— Work to complete —
Copy every line from the data below in which the string "error₁" can be found.

"""

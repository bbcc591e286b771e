-- ===== src/Stage1.antt =====
-- src/stage1.rs: the structural characters of 64 bytes at a time. A `u64` is a number below
-- 2 ^ 64, a vector the list of its bytes.
pub mod Words
pub mod Prefix
pub mod Scanner
pub mod Odd
pub mod Escapes
pub mod Classes
pub mod Buckets
pub mod Strings
pub mod Final
pub mod Flatten
pub mod Stores
pub mod Loop
pub mod Rounds
pub mod Whole
pub mod Ascii
pub mod Encoding
pub mod Tracking
pub mod Utf8
use simdjson_rs.Prelude.{
  ℕ, zero, suc, ◌+◌, ◌-◌, ◌*◌, ◌/◌, ◌%◌, ◌^◌, Bool, true, false, not, ◌&&◌, ◌||◌, Option, none,
  some, List, [], ◌∷◌, ◌++◌, map, bit_and, bit_or, bit_xor, take, drop, get_or, length, replicate,
  overwrite_at, ltb, leb, ◌==◌, if◌then◌else◌,
}
use Prim.Native.Nat.{max}
use simdjson_rs.Error.{
  ErrorType, syntax, eof, internal_error, invalid_utf8, Outcome, ok, err, fault, out_of_fuel, ◌>>=◌,
}
use simdjson_rs.ParseStr.{trailingzeroes}
use simdjson_rs.Utf8Check.{
  lanes, set1, shuffle, cmpgt, AvxProcessedUtfBytes, unprocessed, avxcheck_utf8_bytes,
}

abbrev pub u64_mod : ℕ
u64_mod = 2 ^ 64

-- `!x`, `x << 1` and `x.wrapping_sub(1)`.
abbrev pub complement : ℕ → ℕ
complement x = u64_mod - 1 - x

abbrev pub shl1 : ℕ → ℕ
shl1 x = x * 2 % u64_mod

-- The number whose digits to the base 2 are given, the lowest first.
abbrev pub pack : List Bool → ℕ
pack [] = 0
pack (b ∷ bits) = (if b then 1 else 0) + 2 * pack bits

-- `_mm256_movemask_epi8` of the lanes that a test picks.
abbrev pub movemask : (ℕ → Bool) → List ℕ → ℕ
movemask p v = pack (map p v)

-- `a | (b << 32)`, where `b` is a mask of 32 lanes.
abbrev pub join : ℕ → ℕ → ℕ
join a b = bit_or a (b * 2 ^ 32 % u64_mod)

pub record SimdInput : Type 0 where
  pub lo : List ℕ
  pub hi : List ℕ

-- The 64 bytes from a pointer on.
unfoldable pub fill_input : List ℕ → Outcome ErrorType SimdInput
fill_input ptr =
    if leb 64 (length ptr)
    then ok (record { lo = take 32 ptr; hi = take 32 (drop 32 ptr) })
    else fault

-- The state of the UTF-8 check: `has_error` and `previous`.
pub record Utf8State : Type 0 where
  pub has_error : List ℕ
  pub previous : AvxProcessedUtfBytes

-- `_mm256_testz_si256(a, set1(mask)) == 1`.
abbrev pub testz : ℕ → List ℕ → Bool
testz mask [] = true
testz mask (x ∷ v) = bit_and x mask == 0 && testz mask v

unfoldable pub check_utf8 : SimdInput → Utf8State → Utf8State
check_utf8 input u =
    if testz 0x80 (lanes bit_or input.lo input.hi)
    then record {
      has_error =
          lanes bit_or (lanes cmpgt u.previous.carried_continuations (replicate 31 9 ++ 1 ∷ []))
            u.has_error;
      previous = u.previous;
    }
    else (let (previous₁, error₁) = avxcheck_utf8_bytes input.lo u.previous u.has_error in
        let (previous₂, error₂) = avxcheck_utf8_bytes input.hi previous₁ error₁ in
        record { has_error = error₂; previous = previous₂ })

unfoldable pub cmp_mask_against_input : SimdInput → ℕ → ℕ
cmp_mask_against_input input m =
    join (movemask (λ c. c == m) input.lo) (movemask (λ c. c == m) input.hi)

unfoldable pub unsigned_lteq_against_input : SimdInput → ℕ → ℕ
unsigned_lteq_against_input input maxval =
    join (movemask (λ c. max maxval c == maxval) input.lo)
      (movemask (λ c. max maxval c == maxval) input.hi)

abbrev pub even_bits : ℕ
even_bits = 0x5555_5555_5555_5555

-- `add_overflow`: the carry, and the sum.
unfoldable pub add_overflow : ℕ → ℕ → Bool × ℕ
add_overflow value1 value2 = (leb u64_mod (value1 + value2), (value1 + value2) % u64_mod)

-- The ends of odd sequences of backslashes, and `prev_iter_ends_odd_backslash` behind the call.
unfoldable pub find_odd_backslash_sequences : SimdInput → ℕ → ℕ × ℕ
unfolding add_overflow cmp_mask_against_input
find_odd_backslash_sequences input prev =
    let bs_bits = cmp_mask_against_input input 0x5c in
    let start_edges = bit_and bs_bits (complement (shl1 bs_bits)) in
    let even_start_mask = bit_xor even_bits prev in
    let even_starts = bit_and start_edges even_start_mask in
    let odd_starts = bit_and start_edges (complement even_start_mask) in
    let even_carries = (bs_bits + even_starts) % u64_mod in
    let (iter_ends_odd_backslash, sum) = add_overflow bs_bits odd_starts in
    let odd_carries = bit_or sum prev in
    let even_carry_ends = bit_and even_carries (complement bs_bits) in
    let odd_carry_ends = bit_and odd_carries (complement bs_bits) in
    let even_start_odd_end = bit_and even_carry_ends (complement even_bits) in
    let odd_start_even_end = bit_and odd_carry_ends even_bits in
    (bit_or even_start_odd_end odd_start_even_end, if iter_ends_odd_backslash then 1 else 0)

-- The product of polynomials over two elements, of which `a` has up to `k` coefficients.
unfoldable pub clmul : ℕ → ℕ → ℕ → ℕ
clmul zero a b = 0
clmul (suc k) a b = bit_xor (if a % 2 == 1 then b else 0) (2 * clmul k (a / 2) b)

-- `x >> 63` of an `i64`.
abbrev pub sign_fill : ℕ → ℕ
sign_fill x = if leb (2 ^ 63) x then u64_mod - 1 else 0

-- The variables that `find_quote_mask_and_bits` returns or changes.
pub record Quotes : Type 0 where
  pub quote_mask : ℕ
  pub quote_bits : ℕ
  pub inside_quote : ℕ
  pub error_mask : ℕ

unfoldable pub find_quote_mask_and_bits : SimdInput → ℕ → ℕ → ℕ → Quotes
unfolding cmp_mask_against_input unsigned_lteq_against_input
find_quote_mask_and_bits input odd_ends inside error_mask =
    let quote_bits = bit_and (cmp_mask_against_input input b'"') (complement odd_ends) in
    let quote_mask = bit_xor (clmul 64 quote_bits (u64_mod - 1) % u64_mod) inside in
    let unescaped = unsigned_lteq_against_input input 0x1f in
    record {
      quote_mask = quote_mask;
      quote_bits = quote_bits;
      inside_quote = sign_fill quote_mask;
      error_mask = bit_or error_mask (bit_and quote_mask unescaped);
    }

abbrev pub low_nibble_mask : List ℕ
low_nibble_mask = 16 ∷ 0 ∷ 0 ∷ 0 ∷ 0 ∷ 0 ∷ 0 ∷ 0 ∷ 0 ∷ 8 ∷ 12 ∷ 1 ∷ 2 ∷ 9 ∷ 0 ∷ 0 ∷ []

abbrev pub high_nibble_mask : List ℕ
high_nibble_mask = 8 ∷ 0 ∷ 18 ∷ 4 ∷ 0 ∷ 1 ∷ 0 ∷ 1 ∷ 0 ∷ 0 ∷ 0 ∷ 3 ∷ 2 ∷ 1 ∷ 0 ∷ 0 ∷ []

-- `_mm256_srli_epi32(v, 4)`: four bits of the next byte of a lane come in from above.
abbrev pub srli_epi32 : List ℕ → List ℕ
srli_epi32 (a ∷ b ∷ c ∷ d ∷ v) =
    (a / 16 + b % 16 * 16) ∷ (b / 16 + c % 16 * 16) ∷ (c / 16 + d % 16 * 16) ∷ d / 16 ∷ srli_epi32 v
srli_epi32 v = v

-- `v_lo` or `v_hi`: the buckets of each byte.
unfoldable pub buckets : List ℕ → List ℕ
buckets v =
    lanes bit_and (map (shuffle low_nibble_mask) v)
      (map (shuffle high_nibble_mask) (lanes bit_and (srli_epi32 v) (set1 0x7f)))

-- The bytes that are in no bucket of a mask, then all others.
abbrev pub in_buckets : SimdInput → ℕ → ℕ
in_buckets input mask = complement (
    join (movemask (λ b. bit_and b mask == 0) (buckets input.lo))
      (movemask (λ b. bit_and b mask == 0) (buckets input.hi)))

-- `whitespace` and `structurals`.
unfoldable pub find_whitespace_and_structurals : SimdInput → ℕ × ℕ
find_whitespace_and_structurals input = (in_buckets input 0x18, in_buckets input 0x7)

-- The number of ones among `k` bits.
unfoldable pub hamming : ℕ → ℕ → ℕ
hamming zero x = 0
hamming (suc k) x = x % 2 + hamming k (x / 2)

-- `_tzcnt_u64`, which is 64 at 0.
abbrev pub tzcnt : ℕ → ℕ
tzcnt x = if x == 0 then 64 else trailingzeroes 64 x

-- The positions of `k` ones, each taken off in its turn.
unfoldable pub next_positions : ℕ → ℕ → ℕ → List ℕ × ℕ
next_positions zero idx bits = ([], bits)
next_positions (suc k) idx bits =
    let less = bit_and bits ((bits + u64_mod - 1) % u64_mod) in
    let (rest, left) = next_positions k idx less in
    ((((idx + 2 ^ 32 - 64) % 2 ^ 32 + tzcnt bits) % 2 ^ 32) ∷ rest, left)

-- The loop that stores eight positions at `l`. A store past the new length of `base` goes to memory
-- that was reserved and is never read.
unfoldable pub flatten_loop : ℕ → List ℕ → ℕ → ℕ → ℕ → Outcome ErrorType (List ℕ)
flatten_loop zero base l idx bits = out_of_fuel
flatten_loop (suc fuel) base l idx bits = elim (bits == 0) [
  | true ↦ ok base
  | false ↦
      let (positions, left) = next_positions 8 idx bits in
      flatten_loop fuel (overwrite_at l base positions) (l + 8) idx left
]

unfoldable pub flatten_bits : List ℕ → ℕ → ℕ → Outcome ErrorType (List ℕ)
flatten_bits base idx bits =
    flatten_loop 9 (base ++ replicate (hamming 64 bits) 0) (length base) (idx % 2 ^ 32) bits

-- The structurals, and `prev_iter_ends_pseudo_pred` behind the call.
unfoldable pub finalize_structurals : ℕ → ℕ → ℕ → ℕ → ℕ → ℕ × ℕ
finalize_structurals structurals whitespace quote_mask quote_bits prev =
    let s₁ = bit_and structurals (complement quote_mask) in
    let s₂ = bit_or s₁ quote_bits in
    let pseudo_pred = bit_or s₂ whitespace in
    let shifted_pseudo_pred = bit_or (shl1 pseudo_pred) prev in
    let pseudo_structurals =
      bit_and (bit_and shifted_pseudo_pred (complement whitespace)) (complement quote_mask) in
    let s₃ = bit_or s₂ pseudo_structurals in
    (bit_and s₃ (complement (bit_and quote_bits (complement quote_mask))), pseudo_pred / 2 ^ 63)

-- The variables of `find_structural_bits`.
pub record Scan : Type 0 where
  pub structural_indexes : List ℕ
  pub utf8 : Utf8State
  pub odd_backslash : ℕ
  pub inside_quote : ℕ
  pub pseudo_pred : ℕ
  pub structurals : ℕ
  pub error_mask : ℕ

abbrev pub start : Scan
start = record {
  structural_indexes = 0 ∷ [];
  utf8 = record { has_error = set1 0; previous = unprocessed };
  odd_backslash = 0;
  inside_quote = 0;
  pseudo_pred = 1;
  structurals = 0;
  error_mask = 0;
}

-- The body of the loop, which stands a second time behind it. `ptr` is the buffer from `idx` on.
unfoldable pub scan_block : List ℕ → ℕ → Scan → Outcome ErrorType Scan
scan_block ptr idx s = do
  input ← fill_input ptr
  let utf8 = check_utf8 input s.utf8
  let (odd_ends, odd_backslash) = find_odd_backslash_sequences input s.odd_backslash
  let q = find_quote_mask_and_bits input odd_ends s.inside_quote s.error_mask
  structural_indexes ← flatten_bits s.structural_indexes idx s.structurals
  let (whitespace, structurals) = find_whitespace_and_structurals input
  let (structurals', pseudo_pred) =
      finalize_structurals structurals whitespace q.quote_mask q.quote_bits s.pseudo_pred
  ok (record {
    structural_indexes = structural_indexes;
    utf8 = utf8;
    odd_backslash = odd_backslash;
    inside_quote = q.inside_quote;
    pseudo_pred = pseudo_pred;
    structurals = structurals';
    error_mask = q.error_mask;
  })

-- The loop, while `idx` is below `lenminus64`, then the rest in a buffer of spaces. The result is
-- `idx` and the variables.
unfoldable pub scan_loop : ℕ → List ℕ → ℕ → Scan → Outcome ErrorType (ℕ × Scan)
scan_loop zero input idx s = out_of_fuel
scan_loop (suc fuel) input idx s = elim (ltb idx (length input - 64)) [
  | true ↦ scan_block (drop idx input) idx s >>= λ s'. scan_loop fuel input (idx + 64) s'
  | false ↦
      if ltb idx (length input)
      then (let rest = drop idx input in
          scan_block (rest ++ replicate (64 - length rest) 0x20) idx s >>= λ s'. ok (idx + 64, s'))
      else ok (idx, s)
]

abbrev pub last : List ℕ → Option ℕ
last [] = none
last (x ∷ []) = some x
last (x ∷ (y ∷ r)) = last (y ∷ r)

-- `structural_indexes.last() > Some(&(len as u32))`.
abbrev pub above : Option ℕ → ℕ → Bool
above none n = false
above (some x) n = ltb (n % 2 ^ 32) x

abbrev pub verdict : List ℕ → List ℕ → Scan → Outcome ErrorType (List ℕ)
verdict input structural_indexes s =
    if length structural_indexes == 1
    then err eof
    else if above (last structural_indexes) (length input)
    then err internal_error
    else if not (s.error_mask == 0)
    then err syntax
    else if testz 0xff s.utf8.has_error
    then ok structural_indexes
    else err invalid_utf8

unfoldable pub find_structural_bits : List ℕ → Outcome ErrorType (List ℕ)
find_structural_bits input = scan_loop (suc (length input)) input 0 start >>= λ (idx, s).
    if not (s.inside_quote == 0)
    then err syntax
    else (flatten_bits s.structural_indexes idx s.structurals >>= λ structural_indexes.
        verdict input structural_indexes s)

"""

— Result —
    else (let (previous₁, error₁) = avxcheck_utf8_bytes input.lo u.previous u.has_error in
        let (previous₂, error₂) = avxcheck_utf8_bytes input.hi previous₁ error₁ in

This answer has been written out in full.